Menit-menit setelahnya adalah momen yang tidak dapat hilang dari kepalaku. Sejenak malam serasa begitu gelap. Hubla yang begitu ramai dengan candaan, nyanyian Arif and the gank, tiba-tiba sunyi. Saat Angga keluar dari kamar, pelan-pelan dalam diam satu per satu teman-teman datang menghampiri, berjalan dengan langkah pelan dan wajah penuh empati. Pelukan dan bisikan semangat berlangsung dalam senyap, mengiringi langkah Angga ke mobil IM yang sudah siap mengantarnya ke Jakarta untuk langsung berangkat ke Kertosono. Angga tidak menangis, wajahnya menunjukkan seorang lelaki yang sedang bertarung menghadapi cobaan yang dititipkan kepadanya. Beberapa teman ikut bersedih sampai menangis, Ika berlari mengejar mobil Angga untuk mengucapkan belasungkawa. Sayang teman kecil saya itu tidak berhasil menghampiri Angga.  Selepas mobil berlalu, sejenak 72 orang sahabat-sahabatku tertunduk dalam gelap. Kami pun berkumpul, dan mengucapkan doa singkat untuk sahabat kami yang malam itu sedang menjalani satu malam tergelap dalam hidupnya. Malam itu diakhiri dengan doa bersama dari persekutuan doa kami (para PM yang Nasrani secara rutin melakukan persekutuan doa tiap minggu), di mana Angga sempat mengirimkan pesan terima kasih kepada teman-teman dan menyatakan bahwa dirinya baik-baik saja.

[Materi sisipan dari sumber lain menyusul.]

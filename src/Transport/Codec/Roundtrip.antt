-- ===== src/Transport/Codec/Roundtrip.antt =====
-- A message that is packed is unpacked to itself (shard/shard/transport.py).
use mathlib.Core.List.{append_assoc, append-nil}
use shard_glm_image.Base.{
  ℕ, ◌+◌, ◌*◌, ◌≤◌, ◌<◌, ◌≡◌, ◌≢◌, ◌∙◌, refl, sym, ap, String, Option, none, some, List, [], ◌∷◌,
  ◌++◌, arith, length, take, drop, get_elem?, length-append, All, ltb, text_discrete, if_neg,
  Bool-cases, inl, inr,
}
use shard_glm_image.Transport.Bytes.{
  Bytes, pack_be, unpack_be, unpack_be-pack_be, length-pack_be, limit,
}
use shard_glm_image.Transport.Sending.{concat}
use shard_glm_image.Transport.Codec.{
  Json, Message, value, tensor, seq, dict, Items, none_left, item, Fields, no_field, field, encode,
  encode_items, encode_fields, find_key, blob_at, shape_of, numel, seq_of, dict_of, item_of,
  field_of, blob_parts, split_blobs, sized, tensor_of, object_of, decode, decode_items,
  decode_fields, pack_parts, opened, unpack,
}
use shard_glm_image.Transport.Codec.Shapes.{
  dims_of-shape_json, get_elem?-append, take_self, drop_self, take-pack_be, drop-pack_be,
  split_blobs-blob_parts,
}

module _ (dsize : String → Option ℕ) where
  -- A message that the codec carries: its tensors have known dtypes and exactly the bytes of their
  -- shape, and no key of a dictionary is the codec's own.
  unfoldable mutual
    pub IsPlain : Message → Type 0
    IsPlain (value a) = Unit
    IsPlain (tensor dtype shape blob) =
        (size : ℕ) × (dsize dtype ≡ some size) × (numel shape * size ≡ length blob)
    IsPlain (seq xs) = ArePlain xs
    IsPlain (dict fs) = HasPlain fs

    pub ArePlain : Items → Type 0
    ArePlain none_left = Unit
    ArePlain (item x xs) = IsPlain x × ArePlain xs

    pub HasPlain : Fields → Type 0
    HasPlain no_field = Unit
    HasPlain (field k x fs) = (k ≢ "__t__") × IsPlain x × HasPlain fs

  -- No member of an encoded dictionary has the codec's key.
  find_key-plain :
      (n : ℕ) (fs : Fields) → HasPlain fs → find_key (encode_fields n fs).0 "__t__" ≡ none
  unfolding find_key encode HasPlain
  find_key-plain n no_field h = refl
  find_key-plain n (field k x fs) (ne, p, ps) =
      if_neg (text_discrete k "__t__") ne _ _ ∙ find_key-plain (n + length (encode n x).1) fs ps

  sized-lem :
      (dtype : String) (size : ℕ) (shape : List ℕ) (blob : Bytes)
      → numel shape * size ≡ length blob
      → sized dsize dtype (some size) (some shape) (some blob) ≡ some (tensor dtype shape blob)
  unfolding sized
  sized-lem dtype size shape blob h = ground (arith, h)

  mutual
    unfolding decode encode IsPlain tensor_of object_of find_key text_discrete blob_at shape_of

    decode-encode :
        (m : Message) (n : ℕ) (pre post blobs : List Bytes)
        → IsPlain m
        → n ≡ length pre
        → blobs ≡ pre ++ ((encode n m).1 ++ post)
        → decode dsize blobs (encode n m).0 ≡ some m
    decode-encode (value a) n pre post blobs p c e = refl
    decode-encode (tensor dtype shape blob) n pre post blobs (size, known, fits) c e =
        let found : get_elem? blobs n ≡ some blob =
          ap (λ (b : List Bytes). get_elem? b n) e
          ∙ ap (get_elem? (pre ++ blob ∷ post)) c
          ∙ get_elem?-append pre post blob in
        rw (known, dims_of-shape_json shape, found) (sized-lem dtype size shape blob fits)
    decode-encode (seq xs) n pre post blobs p c e =
        ap seq_of (decode_items-encode xs n pre post blobs p c e)
    decode-encode (dict fs) n pre post blobs p c e =
        let ms = (encode_fields n fs).0 in
        ap
          (λ (o : Option Json).
            object_of dsize blobs o (find_key ms "dtype") (find_key ms "shape")
              (dict_of (decode_fields dsize blobs ms)))
          (find_key-plain n fs p)
        ∙ ap dict_of (decode_fields-encode fs n pre post blobs p c e)

    decode_items-encode :
        (xs : Items) (n : ℕ) (pre post blobs : List Bytes)
        → ArePlain xs
        → n ≡ length pre
        → blobs ≡ pre ++ ((encode_items n xs).1 ++ post)
        → decode_items dsize blobs (encode_items n xs).0 ≡ some xs
    decode_items-encode none_left n pre post blobs p c e = refl
    decode_items-encode (item x xs) n pre post blobs (p, ps) c e =
        let bs = (encode n x).1 in
        let bs' = (encode_items (n + length bs) xs).1 in
        let e' = e ∙ ap (λ (r : List Bytes). pre ++ r) (append_assoc bs bs' post) in
        let rest =
          decode_items-encode xs (n + length bs) (pre ++ bs) post blobs ps
            (omega (arith, c, length-append pre bs))
            (e' ∙ sym (append_assoc pre bs (bs' ++ post))) in
        ap
          (λ (o : Option Message).
            item_of o (decode_items dsize blobs (encode_items (n + length bs) xs).0))
          (decode-encode x n pre (bs' ++ post) blobs p c e')
        ∙ ap (item_of (some x)) rest

    decode_fields-encode :
        (fs : Fields) (n : ℕ) (pre post blobs : List Bytes)
        → HasPlain fs
        → n ≡ length pre
        → blobs ≡ pre ++ ((encode_fields n fs).1 ++ post)
        → decode_fields dsize blobs (encode_fields n fs).0 ≡ some fs
    decode_fields-encode no_field n pre post blobs p c e = refl
    decode_fields-encode (field k x fs) n pre post blobs (ne, p, ps) c e =
        let bs = (encode n x).1 in
        let bs' = (encode_fields (n + length bs) fs).1 in
        let e' = e ∙ ap (λ (r : List Bytes). pre ++ r) (append_assoc bs bs' post) in
        let rest =
          decode_fields-encode fs (n + length bs) (pre ++ bs) post blobs ps
            (omega (arith, c, length-append pre bs))
            (e' ∙ sym (append_assoc pre bs (bs' ++ post))) in
        ap
          (λ (o : Option Message).
            field_of k o (decode_fields dsize blobs (encode_fields (n + length bs) fs).0))
          (decode-encode x n pre (bs' ++ post) blobs p c e')
        ∙ ap (field_of k (some x)) rest

  module _ (dumps : Json → Bytes) (loads : Bytes → Option Json) where
    abbrev pub head_of : Message → Bytes
    head_of m = dumps (encode 0 m).0

    -- The bytes that the segments of a message join to.
    abbrev pub frame_of : Message → Bytes
    frame_of m = concat (pack_parts dsize dumps loads m)

    blob_sizes :
        (bs : List Bytes) (n : ℕ) → length (concat (blob_parts bs)) ≤ n → All (λ b. length b ≤ n) bs
    unfolding blob_parts
    blob_sizes [] n h = tt
    blob_sizes (b ∷ bs) n h =
        let rest = concat (blob_parts bs) in
        let size = length-append b rest in
        let whole = length-append (pack_be 8 (length b)) (b ++ rest) in
        (omega (arith, h, size, whole), blob_sizes bs n (omega (arith, h, size, whole)))

    fits_below :
        (bs : List Bytes) (n m : ℕ)
        → n < m
        → All (λ b. length b ≤ n) bs
        → All (λ b. length b < m) bs
    fits_below [] n m h a = tt
    fits_below (b ∷ bs) n m h a = (omega (arith, h, a.0), fits_below bs n m h a.1)

    unpack_long :
        (buf : Bytes)
        → 4 ≤ length buf
        → unpack dsize dumps loads buf
          ≡ opened dsize dumps loads
              (loads (take (unpack_be 0 (take 4 buf)) (drop 4 buf)))
              (split_blobs (length buf) (drop (unpack_be 0 (take 4 buf)) (drop 4 buf)))
    unfolding unpack
    unpack_long buf h = elim (Bool-cases (ltb (length buf) 4)) [
      | inl y ↦ absurd (ground (arith, y))
      | inr n ↦ rw n refl
    ]

    pub unpack-pack :
        (m : Message)
        → loads (head_of m) ≡ some (encode 0 m).0
        → IsPlain m
        → length (head_of m) < limit 4
        → length (frame_of m) < limit 8
        → unpack dsize dumps loads (frame_of m) ≡ some m
    unfolding pack_parts opened
    unpack-pack m sound p small fits =
        let blobs = (encode 0 m).1 in
        let head = head_of m in
        let tail = concat (blob_parts blobs) in
        let frame = (pack_be 4 (length head) ++ head) ++ tail in
        let prefix = append_assoc (pack_be 4 (length head)) head tail in
        let body : drop 4 frame ≡ head ++ tail =
          ap (drop 4) prefix ∙ drop-pack_be 4 (length head) (head ++ tail) in
        let size : unpack_be 0 (take 4 frame) ≡ length head =
          ap (unpack_be 0) (ap (take 4) prefix ∙ take-pack_be 4 (length head) (head ++ tail))
          ∙ unpack_be-pack_be 4 (length head) small in
        let h = length head in
        let n = length frame in
        let open_with = opened dsize dumps loads in
        let parts = length-append (pack_be 4 h ++ head) tail in
        let front = length-append (pack_be 4 h) head in
        let width = length-pack_be 4 h in
        unpack_long frame (omega (arith, parts, front, width))
        ∙ ap
            (λ (k : ℕ).
              open_with (loads (take k (drop 4 frame))) (split_blobs n (drop k (drop 4 frame))))
            size
        ∙ ap (λ (b : Bytes). open_with (loads (take h b)) (split_blobs n (drop h b))) body
        ∙ ap (λ (b : Bytes). open_with (loads b) (split_blobs n (drop h (head ++ tail))))
            (take_self head tail)
        ∙ ap (λ (o : Option Json). open_with o (split_blobs n (drop h (head ++ tail)))) sound
        ∙ ap (λ (b : Bytes). open_with (some (encode 0 m).0) (split_blobs n b))
            (drop_self head tail)
        ∙ ap (open_with (some (encode 0 m).0)) (
            split_blobs-blob_parts blobs n
              (fits_below blobs n (limit 8) fits (blob_sizes blobs n (omega (arith, parts))))
              (omega (arith, parts)))
        ∙ decode-encode m 0 [] [] blobs p refl (sym (append-nil blobs))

Beberapa hari berlalu, dan walau ketidakhadiran Angga membuat suasana camp sedikit suram, namun semuanya tetap bersuka karena ternyata Angga begitu cepat bangkit dari cobaannya. Setiap weekend kami bisa memegang handphone, dan saat itu kami mendapat kabar dari Angga bahwa ia akan segera kembali ke camp sesegera mungkin. Ia pun sudah mengupdate diri di Twitter, tanpa menyisakan rona kesedihan sedikitpun. Akhirnya Angga kembali, disambut dengan pelukan-pelukan hangat, teriakan girang dari teman-teman yang merindukannya. Ia langsung kembali ke kodratnya, menjadi penghibur kami semua. Kadang, dalam waktu-waktu sharing kami di persekutuan doa ia masih sedih dengan kepergian ayahnya, namun tidak seincipun tekadnya untuk mengabdi lewat indonesia Mengajar ini beranjak.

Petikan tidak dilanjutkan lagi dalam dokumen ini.